Saison 5 : On a beaucoup aimé "Fringe", en particulier au fil de la seconde et de la troisième saison, qui offraient une SciFi intelligente, provocatrice, pour tout dire assez rare à la télévision. Et puis les scénaristes se sont cru obligés de procéder à des "resets" de la fiction, en développant une théorie fumeuse de fils temporels distincts (méthode qui nous avait déjà valu la fin catastrophique de "Lost", mais il semble que JJ Abrams n'apprenne pas de ses erreurs), et la saison 4 avait été une déception irrémédiable. Il était clairement temps d'en finir, et c'est donc fait avec cette sorte de saison abrégée qui projette nos héros dans un futur d'occupation et de résistance, non sans une ellipse frustrante (l'invasion elle-même des observateurs et la préparation du "plan" fumeux de Walter et Donald (qui ?) faisant l'objet de quelques flashbacks et de révélations au compte-gouttes via des cassettes VHS...), et les soumet à une dernière aventure, à peu près aussi incohérente que d'habitude.

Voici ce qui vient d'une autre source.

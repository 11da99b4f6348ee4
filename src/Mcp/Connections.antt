-- ===== src/Mcp/Connections.antt =====
-- The tools of kmcp/tools.go that use the connection manager.
use kinz.Base.{
  ℕ, suc, ◌+◌, ◌==◌, if◌then◌else◌, ◌≡◌, refl, sym, ap, ◌∙◌, List, [], ◌∷◌, ◌++◌, append_assoc,
  append-nil, map, Option, none, some, length, arith,
}
use kinz.Base.Maps.{lookup, Lacks, Distinct}
use kinz.ConnManager.{conn_not_found, conns_of, range, range_loop, get, len}
use kinz.ConnManager.Limit.{Keyed, IsValid}
use kinz.Mcp.{
  IServer, McpServer, ConnInfo, connections, sent, connection, Outcome, returned, failed, panicked,
  not_found, conn_info, if_found, list_conn, tool_list_connections, broadcast_to, tool_broadcast,
  tool_get_connection,
}

length-map : {X Y : Type 0} (f : X → Y) (xs : List X) → length (map f xs) ≡ length xs
length-map f [] = refl
length-map f (x ∷ xs) = ap suc (length-map f xs)

module _ {W C E Float A : Type 0} (srv : IServer W C E Float) (s : McpServer A) where
  -- Sending a message over some connections, one after the other, with what each send returned.
  abbrev pub send_all : ℕ → List ℕ → List C → W → W × List (Option E)
  send_all msg_id text [] w = (w, [])
  send_all msg_id text (c ∷ cs) w =
      let (w', err) = srv.send_msg c msg_id text w in
      let (w'', errs) = send_all msg_id text cs w' in (w'', err ∷ errs)

  abbrev pub successes : List (Option E) → ℕ
  successes [] = 0
  successes (none ∷ errs) = successes errs + 1
  successes (some e ∷ errs) = successes errs

  count-successes :
      (count : ℕ) (err : Option E) (errs : List (Option E))
      → (elim err as (λ _. ℕ) [ none ↦ count + 1 | some _ ↦ count ]) + successes errs
        ≡ count + successes (err ∷ errs)
  count-successes count none errs = omega arith
  count-successes count (some e) errs = refl

  length-send_all :
      (msg_id : ℕ) (text : List ℕ) (m : List (ℕ × C)) (w : W)
      → length (send_all msg_id text (conns_of m) w).1 ≡ length m
  length-send_all msg_id text [] w = refl
  length-send_all msg_id text ((k, c) ∷ m) w =
      ap suc (length-send_all msg_id text m (srv.send_msg c msg_id text w).0)

  broadcast-loop :
      (msg_id : ℕ) (text : List ℕ) (cs : List C) (w : W) (count : ℕ)
      → range_loop srv.conn_id (broadcast_to srv s msg_id text) cs (w, count)
        ≡ ((send_all msg_id text cs w).0, count + successes (send_all msg_id text cs w).1)
  unfolding range_loop
  broadcast-loop msg_id text [] w count = ap (λ (n : ℕ). (w, n)) (omega arith)
  broadcast-loop msg_id text (c ∷ cs) w count =
      let (w', err) = srv.send_msg c msg_id text w in
      let rest = send_all msg_id text cs w' in
      broadcast-loop msg_id text cs w' _
      ∙ ap (λ (n : ℕ). (rest.0, n)) (count-successes count err rest.1)

  -- A broadcast sends the message once over each connection that the manager held when it began,
  -- and over no other, also after some of the sends have failed, and reports how many of the sends
  -- returned no error.
  pub broadcast_lem :
      (msg_id : ℕ) (text : List ℕ) (w : W)
      → let all = send_all msg_id text (conns_of (srv.conn_mgr w).connections) w in
        (tool_broadcast srv s msg_id text w ≡ (all.0, returned (sent (successes all.1))))
        × (length all.1 ≡ len (srv.conn_mgr w))
  unfolding tool_broadcast range len
  broadcast_lem msg_id text w =
      let all = send_all msg_id text (conns_of (srv.conn_mgr w).connections) w in
      (
        ap (λ (p : W × ℕ). (p.0, returned (sent p.1)))
            (broadcast-loop msg_id text (conns_of (srv.conn_mgr w).connections) w 0
              ∙ ap (λ (n : ℕ). (all.0, n)) (omega arith)),
        length-send_all msg_id text (srv.conn_mgr w).connections w,
      )

  abbrev pub infos : W → List ConnInfo
  infos w = map (λ entry. conn_info srv s w entry.1) (srv.conn_mgr w).connections

  list-loop :
      (w : W) (m : List (ℕ × C)) (conns : List ConnInfo)
      → Keyed srv.conn_id m
      → range_loop srv.conn_id (list_conn srv s w) (conns_of m) conns
        ≡ conns ++ map (λ entry. conn_info srv s w entry.1) m
  unfolding range_loop
  list-loop w [] conns h = sym (append-nil conns)
  list-loop w ((k, c) ∷ m) conns h =
      list-loop w m _ h.1 ∙ append_assoc conns (conn_info srv s w c ∷ []) _

  abbrev pub entries_for : ℕ → List ConnInfo → List ConnInfo
  entries_for id [] = []
  entries_for id (i ∷ is) = if i.id == id then i ∷ entries_for id is else entries_for id is

  -- What a list with at most one entry for an id says of it.
  abbrev pub looked_up : List ConnInfo → Outcome E Float
  looked_up [] = failed (not_found conn_not_found)
  looked_up (i ∷ []) = returned (connection i)
  looked_up (i ∷ j ∷ is) = panicked

  entries_of_Lacks :
      (id : ℕ) (w : W) (m : List (ℕ × C))
      → Keyed srv.conn_id m
      → Lacks id m
      → entries_for id (map (λ entry. conn_info srv s w entry.1) m) ≡ []
  entries_of_Lacks id w [] h l = refl
  entries_of_Lacks id w ((k, c) ∷ m) h l =
      rw (sym h.0) (ground (arith, entries_of_Lacks id w m h.1 l.1))

  entries_for-lookup :
      (id : ℕ) (w : W) (m : List (ℕ × C))
      → Keyed srv.conn_id m
      → Distinct m
      → entries_for id (map (λ entry. conn_info srv s w entry.1) m)
        ≡ elim (lookup id m) [ none ↦ [] | some c ↦ conn_info srv s w c ∷ [] ]
  entries_for-lookup id w [] h d = refl
  entries_for-lookup id w ((k, c) ∷ m) h d =
      rw (sym h.0) (ground (arith, entries_for-lookup id w m h.1 d.1, entries_of_Lacks id w m h.1))

  get-looked_up :
      (w : W) (id : ℕ)
      → tool_get_connection srv s id w ≡ (
        w,
        looked_up (elim (lookup id (srv.conn_mgr w).connections) [
          | none ↦ []
          | some c ↦ conn_info srv s w c ∷ []
        ]),
      )
  unfolding tool_get_connection get
  get-looked_up w id = found (lookup id (srv.conn_mgr w).connections)
    where
      found :
          (o : Option C)
          → if_found srv s w
              (elim o [ some c ↦ (some c, none) | none ↦ (none, some conn_not_found) ])
              (λ c. (w, returned (connection (conn_info srv s w c))))
            ≡ (w, looked_up (elim o [ none ↦ [] | some c ↦ conn_info srv s w c ∷ [] ]))
      found none = refl
      found (some c) = refl

  -- On a valid manager, list_connections gives as many entries as there are connections; and for
  -- every id get_connection gives the one entry of that list with this id, or the manager's error
  -- if there is none, and changes nothing.
  pub list_get_lem :
      (w : W) (id : ℕ)
      → IsValid srv.conn_id (srv.conn_mgr w)
      → (tool_list_connections srv s w ≡ connections (len (srv.conn_mgr w)) (infos w))
        × (length (infos w) ≡ len (srv.conn_mgr w))
        × (tool_get_connection srv s id w ≡ (w, looked_up (entries_for id (infos w))))
  unfolding tool_list_connections range len
  list_get_lem w id v =
      let m = (srv.conn_mgr w).connections in
      (
        ap (λ (is : List ConnInfo). connections (length is) is) (list-loop w m [] v.keyed)
            ∙ ap (λ (n : ℕ). connections n (infos w)) (length-map _ m),
        length-map _ m,
        get-looked_up w id
            ∙ ap (λ (is : List ConnInfo). (w, looked_up is))
                (sym (entries_for-lookup id w m v.keyed v.distinct)),
      )
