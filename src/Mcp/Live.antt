-- ===== src/Mcp/Live.antt =====
-- The interface of kmcp over the models of knet/server.go and knet/connection.go: what a broadcast
-- does to the connections.
-- A connection is known by its id. The write timeout of the configuration is taken to be positive,
-- and a full queue to get no room before it is over: such a send is a timeout. A write timeout that
-- is not positive, with which `SendMsg` waits without end, is not modelled. `Stop` has run to its
-- end when it returns.
use kinz.Base.{
  ℕ, ◌≡◌, refl, sym, ap, subst, ◌∙◌, Bool-cases, true, false, List, [], ◌∷◌, Option, none, some,
  inl, inr, length, ltb, ◌==◌, ==_iff, if◌then◌else◌,
}
use kinz.Base.Maps.{lookup, insert, lookup-insert, lookup_of_Lacks, Lacks, Distinct}
use kinz.Codec.{TlvPack}
use kinz.ConnManager.{conns_of}
use kinz.ConnManager.Limit.{Keyed, IsValid}
use kinz.Connection.{Connection, SendError, conn_closed, room, timer, send_msg, mark_closed}
use kinz.Server.{Server, ServerError, same_id, shutdown, conn_stopped}
use kinz.Metrics.Snapshot.{no_values}
use kinz.Mcp.{IServer, McpServer, Outcome, tool_broadcast}
use kinz.Mcp.Connections.{send_all, broadcast_lem}

pub record Live : Type 0 where
  pub server : Server
  pub conns : List (ℕ × Connection)

pub data LiveError : Type 0 where
  send_error : SendError → LiveError
  shutdown_error : ServerError → LiveError

abbrev pub lift_error {ℓ κ} : {X : Type ℓ} {Y : Type κ} → (X → Y) → Option X → Option Y
lift_error f none = none
lift_error f (some e) = some (f e)

-- `SendMsg` on one connection.
abbrev pub deliver : TlvPack → ℕ → List ℕ → Connection → Connection × Option SendError
deliver codec msg_id text c =
    send_msg c codec msg_id text
      (if ltb (length c.msg_chan) c.write_queue_size then room else timer)

abbrev pub send_found : ℕ → ℕ → List ℕ → Live → Option Connection → Live × Option LiveError
send_found id msg_id text w none = (w, some (send_error conn_closed))
send_found id msg_id text w (some c) = (
  record w { conns = insert id (deliver w.server.codec msg_id text c).0 w.conns },
  lift_error send_error (deliver w.server.codec msg_id text c).1,
)

abbrev pub live_send : ℕ → ℕ → List ℕ → Live → Live × Option LiveError
live_send id msg_id text w = send_found id msg_id text w (lookup id w.conns)

abbrev pub live_stop : ℕ → Live → Live
live_stop id w = elim (lookup id w.conns) [
  | none ↦ w
  | some c ↦ record w {
    server = conn_stopped w.server id;
    conns = insert id (mark_closed c) w.conns;
  }
]

abbrev pub live_shutdown : Live → Live × Option LiveError
live_shutdown w =
    let (server, err) = shutdown w.server true in
    (record w { server = server }, lift_error shutdown_error err)

abbrev pub live : IServer Live ℕ LiveError ℕ
live = record {
  conn_mgr = λ w. w.server.conn_mgr;
  conn_id = same_id;
  remote_addr = λ w id. [];
  local_addr = λ w id. [];
  send_msg = live_send;
  stop = live_stop;
  shutdown = live_shutdown;
  name = λ w. [];
  address = λ w. none;
  metrics = λ w. no_values;
}

module _ {A : Type 0} (s : McpServer A) (msg_id : ℕ) (text : List ℕ) where
  abbrev sends : List ℕ → Live → Live × List (Option LiveError)
  sends = send_all live s msg_id text

  server-send_found :
      (id : ℕ) (w : Live) (o : Option Connection)
      → (send_found id msg_id text w o).0.server ≡ w.server
  server-send_found id w none = refl
  server-send_found id w (some c) = refl

  -- What a send makes of a connection.
  abbrev pub got : TlvPack → Option Connection → Option Connection
  got codec none = none
  got codec (some c) = some (deliver codec msg_id text c).0

  lookup-send_found :
      (id j : ℕ) (w : Live) (o : Option Connection)
      → lookup id w.conns ≡ o
      → lookup j (send_found id msg_id text w o).0.conns
        ≡ (if id == j then got w.server.codec (lookup j w.conns) else lookup j w.conns)
  lookup-send_found id j w o e = elim (Bool-cases (id == j)) [
    | inl same ↦ rw same (
        subst
          (λ (k : ℕ).
            lookup k (send_found id msg_id text w o).0.conns
            ≡ got w.server.codec (lookup k w.conns))
          ((==_iff id j).0 same) (own o e))
    | inr other ↦ rw other (others o other)
  ]
    where
      own :
          (o : Option Connection)
          → lookup id w.conns ≡ o
          → lookup id (send_found id msg_id text w o).0.conns
            ≡ got w.server.codec (lookup id w.conns)
      own none e = rw e refl
      own (some c) e =
          lookup-insert id id _ w.conns
          ∙ rw ((==_iff id id).1 refl) (sym (ap (got w.server.codec) e))

      others :
          (o : Option Connection)
          → (id == j) ≡ false
          → lookup j (send_found id msg_id text w o).0.conns ≡ lookup j w.conns
      others none ne = refl
      others (some c) ne = lookup-insert id j _ w.conns ∙ rw ne refl

  server-sends : (ids : List ℕ) (w : Live) → (sends ids w).0.server ≡ w.server
  server-sends [] w = refl
  server-sends (id ∷ ids) w =
      server-sends ids (live_send id msg_id text w).0 ∙ server-send_found id w (lookup id w.conns)

  -- The second if the connection is managed.
  abbrev pub if_managed : Option ℕ → Option Connection → Option Connection → Option Connection
  if_managed none kept changed = kept
  if_managed (some _) kept changed = changed

  -- A connection after one send, whether over it or over another.
  after_send :
      (id j : ℕ) (w : Live)
      → lookup j (live_send id msg_id text w).0.conns
        ≡ (if id == j then got w.server.codec (lookup j w.conns) else lookup j w.conns)
  after_send id j w = lookup-send_found id j w (lookup id w.conns) refl

  lookup-sends :
      (j : ℕ) (m : List (ℕ × ℕ)) (w : Live)
      → Keyed same_id m
      → Distinct m
      → lookup j (sends (conns_of m) w).0.conns
        ≡ if_managed (lookup j m) (lookup j w.conns) (got w.server.codec (lookup j w.conns))
  lookup-sends j [] w h d = refl
  lookup-sends j ((k, c) ∷ m) w h d =
      let w' = (live_send c msg_id text w).0 in
      lookup-sends j m w' h.1 d.1 ∙ elim (Bool-cases (k == j)) [
        | inl same ↦
            rw
              (
                same,
                lookup_of_Lacks j m (subst (λ (i : ℕ). Lacks i m) ((==_iff k j).0 same) d.0),
                after_send c j w,
                sym h.0,
                same,
              )
              refl
        | inr other ↦
            rw (other, after_send c j w, server-send_found c w (lookup c w.conns), sym h.0, other)
              refl
      ]

  -- A broadcast over a valid manager does to each connection that it holds what one SendMsg of the
  -- packed message does, with the queue as it was, and leaves every other connection and the server
  -- alone.
  pub broadcast_delivers :
      (w : Live) (j : ℕ)
      → IsValid same_id w.server.conn_mgr
      → let w' = (tool_broadcast live s msg_id text w).0 in
        (lookup j w'.conns
          ≡ if_managed
              (lookup j w.server.conn_mgr.connections)
              (lookup j w.conns)
              (got w.server.codec (lookup j w.conns)))
        × (w'.server ≡ w.server)
  broadcast_delivers w j v =
      let m = w.server.conn_mgr.connections in
      let e = (broadcast_lem live s msg_id text w).0 in
      (
        ap (λ (p : Live × Outcome LiveError ℕ). lookup j p.0.conns) e
            ∙ lookup-sends j m w v.keyed v.distinct,
        ap (λ (p : Live × Outcome LiveError ℕ). p.0.server) e ∙ server-sends (conns_of m) w,
      )
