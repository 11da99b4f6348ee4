-- ===== src/Examples/Chatroom.antt =====
-- examples/chatroom/server/main.go: a message goes to everyone.
-- The server is the interface of Mcp; logging is not modelled.
use kinz.Base.{ℕ, ◌≡◌, refl, sym, ap, ◌∙◌, Bool, true, List, [], ◌∷◌}
use kinz.Base.Maps.{lookup}
use kinz.Codec.{Message}
use kinz.ConnManager.{range, range_loop, conns_of}
use kinz.ConnManager.Limit.{IsValid}
use kinz.Server.{same_id}
use kinz.Mcp.{IServer, McpServer, tool_broadcast}
use kinz.Mcp.Connections.{send_all, broadcast_lem}
use kinz.Mcp.Live.{Live, live, if_managed, got, broadcast_delivers}

abbrev pub msg_chat : ℕ
msg_chat = 2

module _ {W C E Float A : Type 0} (srv : IServer W C E Float) (s : McpServer A) where
  -- The function that the handler hands to Range.
  abbrev pub chat_to : Message → W → ℕ → C → W × Bool
  chat_to m w id c = ((srv.send_msg c msg_chat m.payload w).0, true)

  -- The handler of a chat message.
  unfoldable pub chat : Message → W → W
  unfolding range
  chat m w = range srv.conn_id (srv.conn_mgr w) (chat_to m) w

  chat-loop :
      (m : Message) (cs : List C) (w : W)
      → range_loop srv.conn_id (chat_to m) cs w ≡ (send_all srv s msg_chat m.payload cs w).0
  unfolding range_loop
  chat-loop m [] w = refl
  chat-loop m (c ∷ cs) w = chat-loop m cs (srv.send_msg c msg_chat m.payload w).0

  -- A chat message does to the server what the tool broadcast_message does with its text.
  pub chat-tool_broadcast :
      (m : Message) (w : W) → chat m w ≡ (tool_broadcast srv s msg_chat m.payload w).0
  unfolding chat range
  chat-tool_broadcast m w =
      chat-loop m (conns_of (srv.conn_mgr w).connections) w
      ∙ sym (ap (λ p. p.0) (broadcast_lem srv s msg_chat m.payload w).0)

module _ {A : Type 0} (s : McpServer A) (m : Message) where
  -- Over a valid manager, a chat message is sent once over each connection that the manager holds,
  -- its sender's included, and changes nothing else.
  pub chat_delivers :
      (w : Live) (j : ℕ)
      → IsValid same_id w.server.conn_mgr
      → (lookup j (chat live s m w).conns
          ≡ if_managed s msg_chat m.payload
              (lookup j w.server.conn_mgr.connections)
              (lookup j w.conns)
              (got s msg_chat m.payload w.server.codec (lookup j w.conns)))
        × ((chat live s m w).server ≡ w.server)
  chat_delivers w j v =
      let e = chat-tool_broadcast live s m w in
      let (there, same) = broadcast_delivers s msg_chat m.payload w j v in
      (ap (λ (w' : Live). lookup j w'.conns) e ∙ there, ap (λ (w' : Live). w'.server) e ∙ same)
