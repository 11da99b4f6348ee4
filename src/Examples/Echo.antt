-- ===== src/Examples/Echo.antt =====
-- examples/echo/server/main.go: two middlewares around an echo.
-- The effects are numbered; whether the reply could be sent is an argument.
use kinz.Base.{ℕ, ◌≡◌, Bool, true, false, [], ◌∷◌, ◌++◌, none, ◌==◌, if◌then◌else◌, arith}
use kinz.Codec.{Message}
use kinz.Request.{
  Handler, done, next, act, new_request, current, run, router_slices_next, bind_router_slices,
}
use kinz.Router.{
  Routes, new_routes, add_slices, add_router_slices, use_global, group_handlers, assemble, chain,
  recovered, execute,
}
use kinz.Heartbeat.{heart_beat_default_msg_id}

-- `klog.L().Info("message received", …)`.
abbrev pub log_received : ℕ
log_received = 0

-- `klog.L().Info("handled", …)`.
abbrev pub log_handled : ℕ
log_handled = 1

-- `klog.L().Info("echo", …)`.
abbrev pub log_echo : ℕ
log_echo = 2

-- `SendMsg(2, req.GetData())`.
abbrev pub send_pong : ℕ
send_pong = 3

-- `klog.L().Warn("send pong failed", …)`.
abbrev pub warn_failed : ℕ
warn_failed = 4

-- The default heartbeat handler logs.
abbrev pub log_heartbeat : ℕ
log_heartbeat = 5

abbrev pub log_middleware : Handler
log_middleware = act log_received (next done)

abbrev pub timing_middleware : Handler
timing_middleware = next (act log_handled done)

abbrev pub echo_handler : Bool → Handler
echo_handler sends = act log_echo (act send_pong (if sends then done else act warn_failed done))

abbrev pub heartbeat_handler : Handler
heartbeat_handler = act log_heartbeat done

-- The registrations of `main`, that of `StartHeartBeat` included.
unfoldable pub echo_routes : Bool → Routes Handler
unfolding new_routes use_global add_router_slices
echo_routes sends =
    let logged = use_global new_routes (log_middleware ∷ []) in
    let timed = use_global logged (timing_middleware ∷ []) in
    let echo = (add_router_slices timed 1 (echo_handler sends ∷ [])).0 in
    (add_router_slices echo heart_beat_default_msg_id (heartbeat_handler ∷ [])).0

-- Every message is logged first and timed last, whatever is registered for it; a message 1 is logged
-- and echoed in between, with a warning if it cannot be sent.
pub echo_lem :
    (sends : Bool) (conn_id : ℕ) (m : Message)
    → (execute (echo_routes sends) none (new_request conn_id m)).1.run.trace
      ≡ log_received
        ∷ ((if m.id == 1
              then log_echo ∷ send_pong ∷ (if sends then [] else warn_failed ∷ [])
              else if m.id == heart_beat_default_msg_id
              then log_heartbeat ∷ []
              else [])
            ++ log_handled ∷ [])
unfolding execute chain echo_routes add_slices new_routes use_global add_router_slices
    group_handlers assemble recovered router_slices_next bind_router_slices current run new_request
echo_lem true conn_id m = ground arith
echo_lem false conn_id m = ground arith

Il y a dans cette saison 5 des épisodes d'une telle pauvreté qu'il faut faire un effort surhumain pour poursuivre, mais, heureusement, il y a aussi une dernière partie qui relève le niveau général, avec la réapparition du très beau personnage de September, et plusieurs scènes vraiment émouvantes entre Walter et Peter, et Walter et Astrid : c'est donc - paradoxalement - dans le domaine des émotions que "Fringe" gagne in extremis son pari de nous laisser un bon souvenir.